**The problem**. Will you quote precisely the lines that run from the top of the material below to the line containing "nominal persen_per_hari : LateFeeRuleType", both ends included?

**Exercise material**.
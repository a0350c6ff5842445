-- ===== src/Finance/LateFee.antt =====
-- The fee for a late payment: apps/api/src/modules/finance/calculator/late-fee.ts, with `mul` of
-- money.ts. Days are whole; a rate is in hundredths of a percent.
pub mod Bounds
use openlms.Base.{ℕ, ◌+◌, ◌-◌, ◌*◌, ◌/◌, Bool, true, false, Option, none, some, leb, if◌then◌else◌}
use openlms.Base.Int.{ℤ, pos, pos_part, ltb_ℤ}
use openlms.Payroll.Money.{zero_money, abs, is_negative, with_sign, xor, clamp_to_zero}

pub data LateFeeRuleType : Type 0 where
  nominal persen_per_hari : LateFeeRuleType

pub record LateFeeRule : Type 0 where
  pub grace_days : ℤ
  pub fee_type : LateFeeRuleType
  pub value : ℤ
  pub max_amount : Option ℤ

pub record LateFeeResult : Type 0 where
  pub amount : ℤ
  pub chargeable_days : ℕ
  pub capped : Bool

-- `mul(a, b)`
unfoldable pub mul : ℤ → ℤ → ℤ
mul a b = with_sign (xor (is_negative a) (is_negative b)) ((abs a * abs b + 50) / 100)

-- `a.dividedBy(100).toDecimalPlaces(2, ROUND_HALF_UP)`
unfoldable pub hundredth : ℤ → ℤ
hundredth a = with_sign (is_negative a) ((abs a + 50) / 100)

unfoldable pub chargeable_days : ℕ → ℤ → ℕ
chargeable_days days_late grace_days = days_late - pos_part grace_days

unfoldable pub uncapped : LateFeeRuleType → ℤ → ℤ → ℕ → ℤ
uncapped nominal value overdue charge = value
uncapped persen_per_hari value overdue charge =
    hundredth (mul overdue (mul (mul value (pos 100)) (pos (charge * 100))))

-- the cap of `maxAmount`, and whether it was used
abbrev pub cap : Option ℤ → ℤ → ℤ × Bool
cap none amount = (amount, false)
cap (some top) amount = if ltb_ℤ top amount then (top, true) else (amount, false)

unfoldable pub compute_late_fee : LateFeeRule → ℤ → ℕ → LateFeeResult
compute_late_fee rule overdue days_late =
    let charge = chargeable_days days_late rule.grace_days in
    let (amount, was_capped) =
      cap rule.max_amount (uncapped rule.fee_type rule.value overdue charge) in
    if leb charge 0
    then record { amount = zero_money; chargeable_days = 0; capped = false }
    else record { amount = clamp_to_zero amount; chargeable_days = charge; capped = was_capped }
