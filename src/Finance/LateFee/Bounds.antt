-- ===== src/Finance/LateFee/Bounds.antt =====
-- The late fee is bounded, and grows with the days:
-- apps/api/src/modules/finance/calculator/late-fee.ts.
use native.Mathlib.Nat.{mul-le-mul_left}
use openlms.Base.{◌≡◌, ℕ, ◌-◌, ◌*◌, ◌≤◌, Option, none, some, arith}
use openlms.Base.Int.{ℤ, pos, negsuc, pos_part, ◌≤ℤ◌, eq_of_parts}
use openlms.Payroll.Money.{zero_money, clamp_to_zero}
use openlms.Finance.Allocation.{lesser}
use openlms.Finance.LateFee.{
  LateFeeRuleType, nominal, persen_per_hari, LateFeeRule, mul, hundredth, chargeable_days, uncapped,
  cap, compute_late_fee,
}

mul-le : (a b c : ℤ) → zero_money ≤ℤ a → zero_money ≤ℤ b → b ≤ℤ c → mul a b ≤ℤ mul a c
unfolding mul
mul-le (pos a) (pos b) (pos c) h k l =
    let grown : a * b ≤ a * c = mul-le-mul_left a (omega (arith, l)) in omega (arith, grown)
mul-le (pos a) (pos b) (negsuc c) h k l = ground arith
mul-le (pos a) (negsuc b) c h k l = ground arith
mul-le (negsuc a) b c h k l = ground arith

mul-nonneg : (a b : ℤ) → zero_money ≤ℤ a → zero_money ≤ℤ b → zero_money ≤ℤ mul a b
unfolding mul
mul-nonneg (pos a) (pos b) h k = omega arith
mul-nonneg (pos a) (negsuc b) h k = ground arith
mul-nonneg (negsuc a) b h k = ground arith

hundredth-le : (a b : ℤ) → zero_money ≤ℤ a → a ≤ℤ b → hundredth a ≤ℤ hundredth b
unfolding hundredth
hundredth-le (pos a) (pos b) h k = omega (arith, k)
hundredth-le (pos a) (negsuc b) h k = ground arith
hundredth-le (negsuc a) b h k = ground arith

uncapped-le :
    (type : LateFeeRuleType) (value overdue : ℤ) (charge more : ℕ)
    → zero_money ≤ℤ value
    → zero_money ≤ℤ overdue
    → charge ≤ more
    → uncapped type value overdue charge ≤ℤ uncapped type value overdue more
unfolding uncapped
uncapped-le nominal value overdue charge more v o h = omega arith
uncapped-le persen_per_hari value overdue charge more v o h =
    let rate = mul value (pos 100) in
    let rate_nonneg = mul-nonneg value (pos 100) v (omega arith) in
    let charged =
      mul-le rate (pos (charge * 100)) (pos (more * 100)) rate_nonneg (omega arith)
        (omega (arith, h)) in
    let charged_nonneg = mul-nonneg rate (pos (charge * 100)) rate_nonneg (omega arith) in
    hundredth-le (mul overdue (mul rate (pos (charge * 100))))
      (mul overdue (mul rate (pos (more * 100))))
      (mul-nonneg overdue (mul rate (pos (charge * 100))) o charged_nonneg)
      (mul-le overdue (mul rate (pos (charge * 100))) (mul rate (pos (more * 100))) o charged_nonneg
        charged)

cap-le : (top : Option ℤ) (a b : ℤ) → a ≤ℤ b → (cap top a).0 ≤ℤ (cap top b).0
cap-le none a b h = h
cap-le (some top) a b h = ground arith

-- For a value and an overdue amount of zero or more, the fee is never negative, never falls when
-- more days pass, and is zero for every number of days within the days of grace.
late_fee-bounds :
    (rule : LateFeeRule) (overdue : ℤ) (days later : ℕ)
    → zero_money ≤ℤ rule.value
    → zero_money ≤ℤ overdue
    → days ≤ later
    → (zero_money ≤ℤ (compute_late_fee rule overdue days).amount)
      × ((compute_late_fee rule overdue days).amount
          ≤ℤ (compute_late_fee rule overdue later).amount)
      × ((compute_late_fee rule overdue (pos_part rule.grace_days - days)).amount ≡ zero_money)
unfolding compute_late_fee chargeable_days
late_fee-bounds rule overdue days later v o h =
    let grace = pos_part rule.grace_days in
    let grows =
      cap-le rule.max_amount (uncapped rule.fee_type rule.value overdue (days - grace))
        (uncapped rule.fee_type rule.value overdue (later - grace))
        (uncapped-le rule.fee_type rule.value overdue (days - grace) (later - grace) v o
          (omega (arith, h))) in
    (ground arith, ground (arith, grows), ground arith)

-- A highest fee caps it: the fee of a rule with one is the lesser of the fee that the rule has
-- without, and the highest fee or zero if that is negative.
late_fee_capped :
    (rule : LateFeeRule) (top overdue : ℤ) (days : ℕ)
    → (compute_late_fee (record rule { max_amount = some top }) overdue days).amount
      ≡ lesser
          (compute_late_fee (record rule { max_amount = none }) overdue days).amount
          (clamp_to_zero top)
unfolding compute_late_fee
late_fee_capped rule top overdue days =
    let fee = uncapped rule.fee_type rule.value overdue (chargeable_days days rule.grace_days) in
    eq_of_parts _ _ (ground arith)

**Solution for this problem**.
repository a0350c6ff5842445
-- ===== src/Finance/LateFee.antt =====
-- The fee for a late payment: apps/api/src/modules/finance/calculator/late-fee.ts, with `mul` of
-- money.ts. Days are whole; a rate is in hundredths of a percent.
pub mod Bounds
use openlms.Base.{ℕ, ◌+◌, ◌-◌, ◌*◌, ◌/◌, Bool, true, false, Option, none, some, leb, if◌then◌else◌}
use openlms.Base.Int.{ℤ, pos, pos_part, ltb_ℤ}
use openlms.Payroll.Money.{zero_money, abs, is_negative, with_sign, xor, clamp_to_zero}

pub data LateFeeRuleType : Type 0 where
  nominal persen_per_hari : LateFeeRuleType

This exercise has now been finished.